Stored data entries:
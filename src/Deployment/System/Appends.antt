-- ===== src/Deployment/System/Appends.antt =====
-- What each operation does to the log of events: nothing, or one append.
use maoxx_os.Prelude.{
  ◌≤◌, ◌≡◌, Bool, true, false, not, option_eq, string_eq, ◌==◌, ◌!=◌, raise_if, if◌then◌else◌,
  Option, none, some, List, String, Result, ok, arith, bind-ok, or_raise, or_raise-ok, raise_if-ok,
  gate_error, ◌>>=◌, ◌>>◌, Uuid, Time, Hashing, [], ◌∷◌, text,
}
use maoxx_os.Policy.Transition.{staging_deploying, staging_failed, state_eq}
use maoxx_os.Policy.Transition.Rank.{rank}
use maoxx_os.Policy.Artifact.{validate_immutable_artifact}
use maoxx_os.Approval.Fields.{is_none}
use maoxx_os.Tables.{
  Db, DeploymentStateEvent, DeploymentIntent, DeploymentArtifact, StagingAcceptance,
  ApprovalRequest, DeploymentApprovalBinding,
}
use maoxx_os.Deployment.Authority.{
  ResolvedExternalHuman, VerifiedCiEvidence, valid_verified_ci, verify, resolve_human_identity,
  resolve_feishu_principal, human_fingerprint,
}
use maoxx_os.Deployment.Events.{Transition, latest_state_event, state_of, append_state_event}
use maoxx_os.Deployment.Intents.{
  IntentFields, intent_of_id, validate_intent_fields, expected_action, action_or_empty, new_intent,
  intent_of_key, created_transition, reuse_or_insert_intent, create_deployment_intent,
}
use maoxx_os.Deployment.Artifacts.{
  ArtifactFields, artifact_of, artifact_mismatch, new_artifact, recorded_transition,
  reuse_or_insert_artifact, record_artifact,
}
use maoxx_os.Deployment.Staging.{
  append_only, begin_staging_deployment, record_staging_failure, AcceptanceFields,
  accepted_transition, staging_transition, acceptance_of, reuse_or_insert_acceptance, accept_rows,
  record_staging_acceptance,
}
use maoxx_os.Deployment.Bindings.{
  BindingCall, BindingIds, pending_state, binding_of, bound_transition, insert_binding,
  reuse_or_bind, bind_rows, create_bound_production_approval,
}

-- The log afterwards, by the log before. What is appended is no outcome of a deployment: those states,
-- the last of the diagram, have the distance 7.
pub data Appends (before after : List DeploymentStateEvent) : Type 0 where
  same : after ≡ before → Appends before after
  appended :
      (t : Transition) (id : Uuid)
      → rank t.to_state ≤ 6
      → append_state_event t id before ≡ ok after
      → Appends before after

intent_rows :
    (i : DeploymentIntent) (now : Time) (id : Uuid) (raced : Bool) (db : Db)
    (o : Option DeploymentIntent) (r : DeploymentIntent) (after : Db)
    → reuse_or_insert_intent i now id raced db o ≡ ok (r, after)
    → Appends db.deployment_state_events after.deployment_state_events
unfolding reuse_or_insert_intent
intent_rows i now id raced db (some e) r after h = same (ground arith)
intent_rows i now id raced db none r after h =
    appended (created_transition i now) id (ground arith) (ground arith)

artifact_rows :
    (a : DeploymentArtifact) (t : Transition) (id : Uuid) (db : Db) (o : Option DeploymentArtifact)
    (r : DeploymentArtifact) (after : Db)
    → rank t.to_state ≤ 6
    → reuse_or_insert_artifact a t id db o ≡ ok (r, after)
    → Appends db.deployment_state_events after.deployment_state_events
unfolding reuse_or_insert_artifact
artifact_rows a t id db (some e) r after low h = same (ground arith)
artifact_rows a t id db none r after low h = appended t id low (ground arith)

append_only-Appends :
    (t : Transition) (id : Uuid) (db after : Db)
    → rank t.to_state ≤ 6
    → append_only t id db ≡ ok after
    → Appends db.deployment_state_events after.deployment_state_events
unfolding append_only
append_only-Appends t id db after low h = appended t id low (ground arith)

acceptance_rows :
    (f : AcceptanceFields) (now : Time) (new_id id : Uuid) (db : Db) (o : Option StagingAcceptance)
    (r : StagingAcceptance) (after : Db)
    → reuse_or_insert_acceptance f now new_id id db o ≡ ok (r, after)
    → Appends db.deployment_state_events after.deployment_state_events
unfolding reuse_or_insert_acceptance
acceptance_rows f now new_id id db (some e) r after h = same (ground arith)
acceptance_rows f now new_id id db none r after h =
    appended (accepted_transition f now) id (ground arith) (ground arith)

pending-low : (i : DeploymentIntent) → rank (pending_state i) ≤ 6
unfolding pending_state
pending-low i = ground arith

binding_rows :
    (c : BindingCall) (i : DeploymentIntent) (fp : String) (now : Time) (ids : BindingIds)
    (raced : List ApprovalRequest) (db : Db) (o : Option DeploymentApprovalBinding)
    (r : ApprovalRequest × DeploymentApprovalBinding) (after : Db)
    → reuse_or_bind c i fp now ids raced db o ≡ ok (r, after)
    → Appends db.deployment_state_events after.deployment_state_events
unfolding reuse_or_bind insert_binding
binding_rows c i fp now ids raced db (some e) r after h = same (ground arith)
binding_rows c i fp now ids raced db none r after h =
    appended (bound_transition c i fp ids.request_id now) ids.event_id (pending-low i)
      (ground arith)

begin_rows :
    (begun : Bool) (t : Transition) (id : Uuid) (db after : Db)
    → rank t.to_state ≤ 6
    → (if begun then ok db else append_only t id db) ≡ ok after
    → Appends db.deployment_state_events after.deployment_state_events
begin_rows true t id db after low h = same (ground arith)
begin_rows false t id db after low h = append_only-Appends t id db after low h

pub begin_staging_deployment-Appends :
    (d : Uuid) (actor : String) (now : Time) (id : Uuid) (db after : Db)
    → begin_staging_deployment d actor now id db ≡ ok after
    → Appends db.deployment_state_events after.deployment_state_events
unfolding begin_staging_deployment
begin_staging_deployment-Appends d actor now id db after h =
    let t = staging_transition d staging_deploying "staging_deploying" actor [] now in
    let begun =
      state_of (latest_state_event d db.deployment_state_events) == some staging_deploying in
    let (_, h1) =
      raise_if-ok (is_none (intent_of_id d db.deployment_intents)) (gate_error "unknown_deployment")
        (if begun then ok db else append_only t id db) h in
    begin_rows begun t id db after (ground arith) h1

pub record_staging_failure-Appends :
    (d : Uuid) (actor code : String) (now : Time) (id : Uuid) (db after : Db)
    → record_staging_failure d actor code now id db ≡ ok after
    → Appends db.deployment_state_events after.deployment_state_events
unfolding record_staging_failure
record_staging_failure-Appends d actor code now id db after h =
    append_only-Appends
      (staging_transition d staging_failed "staging_failed" actor (("failure_code", text code) ∷ [])
        now)
      id db after (ground arith) (ground arith)

accept_rows-Appends :
    (f : AcceptanceFields) (now : Time) (new_id id : Uuid) (db : Db) (i : Option DeploymentIntent)
    (a : Option DeploymentArtifact) (r : StagingAcceptance) (after : Db)
    → accept_rows f now new_id id db i a ≡ ok (r, after)
    → Appends db.deployment_state_events after.deployment_state_events
unfolding accept_rows
accept_rows-Appends f now new_id id db (some i) (some a) r after h =
    acceptance_rows f now new_id id db (acceptance_of f.deployment_id db.staging_acceptances) r
      after (ground arith)
accept_rows-Appends f now new_id id db (some i) none r after h = absurd (cc)
accept_rows-Appends f now new_id id db none a r after h = absurd (cc)

pub record_staging_acceptance-Appends :
    (f : AcceptanceFields) (now : Time) (new_id id : Uuid) (db : Db) (r : StagingAcceptance)
    (after : Db)
    → record_staging_acceptance f now new_id id db ≡ ok (r, after)
    → Appends db.deployment_state_events after.deployment_state_events
unfolding record_staging_acceptance
record_staging_acceptance-Appends f now new_id id db r after h =
    accept_rows-Appends f now new_id id db (intent_of_id f.deployment_id db.deployment_intents)
      (artifact_of f.deployment_id db.deployment_artifacts) r after (ground arith)

module _ (hashing : Hashing) where
  pub create_deployment_intent-Appends :
      (f : IntentFields) (now : Time) (new_id id : Uuid) (raced : Bool) (db : Db)
      (r : DeploymentIntent) (after : Db)
      → create_deployment_intent hashing f now new_id id raced db ≡ ok (r, after)
      → Appends db.deployment_state_events after.deployment_state_events
  unfolding create_deployment_intent
  create_deployment_intent-Appends f now new_id id raced db r after h =
      let action_code = action_or_empty (expected_action f.intent_kind) in
      let key = intent_of_key f.idempotency_key db.deployment_intents in
      let row : ResolvedExternalHuman → List String → DeploymentIntent = λ who services.
        new_intent f who (human_fingerprint hashing who.user_id) services action_code new_id in
      let (who, _, h1) =
        or_raise-ok
          (resolve_feishu_principal hashing db f.authenticated_feishu_tenant_id
            f.authenticated_feishu_open_id)
          (gate_error "unknown_or_ambiguous_requester_identity")
          (λ who.
            validate_intent_fields f action_code (human_fingerprint hashing who.user_id)
            >>= λ services. reuse_or_insert_intent (row who services) now id raced db key)
          h in
      let (services, _, h2) =
        bind-ok (validate_intent_fields f action_code (human_fingerprint hashing who.user_id))
          (λ services. reuse_or_insert_intent (row who services) now id raced db key) h1 in
      intent_rows (row who services) now id raced db key r after h2

  bind_rows-Appends :
      (c : BindingCall) (now : Time) (ids : BindingIds) (raced : List ApprovalRequest) (db : Db)
      (i : Option DeploymentIntent) (a : Option DeploymentArtifact)
      (r : ApprovalRequest × DeploymentApprovalBinding) (after : Db)
      → bind_rows hashing c now ids raced db i a ≡ ok (r, after)
      → Appends db.deployment_state_events after.deployment_state_events
  unfolding bind_rows
  bind_rows-Appends c now ids raced db (some i) (some a) r after h =
      let b = binding_of c.deployment_id db.deployment_approval_bindings in
      let differs : Uuid → Bool =
        λ u. human_fingerprint hashing u != i.requested_by_identity_fingerprint in
      let (user_id, _, h1) =
        bind-ok (resolve_human_identity db i.user_id)
          (λ u.
            raise_if (differs u) (gate_error "canonical_requester_mismatch")
            >> reuse_or_bind c i (human_fingerprint hashing u) now ids raced db b)
          h in
      let (_, h2) =
        raise_if-ok (differs user_id) (gate_error "canonical_requester_mismatch")
          (reuse_or_bind c i (human_fingerprint hashing user_id) now ids raced db b) h1 in
      binding_rows c i (human_fingerprint hashing user_id) now ids raced db b r after h2
  bind_rows-Appends c now ids raced db (some i) none r after h = absurd (cc)
  bind_rows-Appends c now ids raced db none a r after h = absurd (cc)

  pub create_bound_production_approval-Appends :
      (c : BindingCall) (now : Time) (ids : BindingIds) (raced : List ApprovalRequest) (db : Db)
      (r : ApprovalRequest × DeploymentApprovalBinding) (after : Db)
      → create_bound_production_approval hashing c now ids raced db ≡ ok (r, after)
      → Appends db.deployment_state_events after.deployment_state_events
  unfolding create_bound_production_approval
  create_bound_production_approval-Appends c now ids raced db r after h =
      bind_rows-Appends c now ids raced db (intent_of_id c.deployment_id db.deployment_intents)
        (artifact_of c.deployment_id db.deployment_artifacts) r after (ground arith)

pub record_artifact-Appends :
    (f : ArtifactFields) (answer : Option VerifiedCiEvidence) (now : Time) (new_id id : Uuid)
    (db : Db) (r : DeploymentArtifact) (after : Db)
    → record_artifact f answer now new_id id db ≡ ok (r, after)
    → Appends db.deployment_state_events after.deployment_state_events
unfolding record_artifact
record_artifact-Appends f answer now new_id id db r after h =
    let known = intent_of_id f.deployment_id db.deployment_intents in
    let unknown = gate_error "unknown_deployment" in
    let stored = artifact_of f.deployment_id db.deployment_artifacts in
    let bad : VerifiedCiEvidence → Bool =
      λ v. not (valid_verified_ci v f.repository f.target_sha f.ci_run_id) in
    let insert : DeploymentIntent → VerifiedCiEvidence → Result (DeploymentArtifact × Db) = λ i v.
      reuse_or_insert_artifact (new_artifact f i v new_id) (recorded_transition f v now) id db
        stored in
    let verified : DeploymentIntent → Result VerifiedCiEvidence = λ i.
      raise_if (artifact_mismatch f i) (gate_error "artifact_binding_mismatch") >> verify answer in
    let (i, _, h1) =
      bind-ok (validate_immutable_artifact f.digest f.image_reference >> or_raise known unknown)
        (λ i. verified i >>= λ v. raise_if (bad v) (gate_error "invalid_ci_evidence") >> insert i v)
        h in
    let (v, _, h2) =
      bind-ok (verified i) (λ v. raise_if (bad v) (gate_error "invalid_ci_evidence") >> insert i v)
        h1 in
    let (_, h3) = raise_if-ok (bad v) (gate_error "invalid_ci_evidence") (insert i v) h2 in
    artifact_rows (new_artifact f i v new_id) (recorded_transition f v now) id db stored r after
      (ground arith) h3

What you should do: Look above for the line that contains "accept_rows-Appends f now new_id id db (some i) (some". Starting there, transcribe every line exactly until you have copied the line that contains "accept_rows-Appends f now new_id id db none".

Response area:
accept_rows-Appends f now new_id id db (some i) (some a) r after h =
    acceptance_rows f now new_id id db (acceptance_of f.deployment_id db.staging_acceptances) r
      after (ground arith)
accept_rows-Appends f now new_id id db (some i) none r after h = absurd (cc)
accept_rows-Appends f now new_id id db none a r after h = absurd (cc)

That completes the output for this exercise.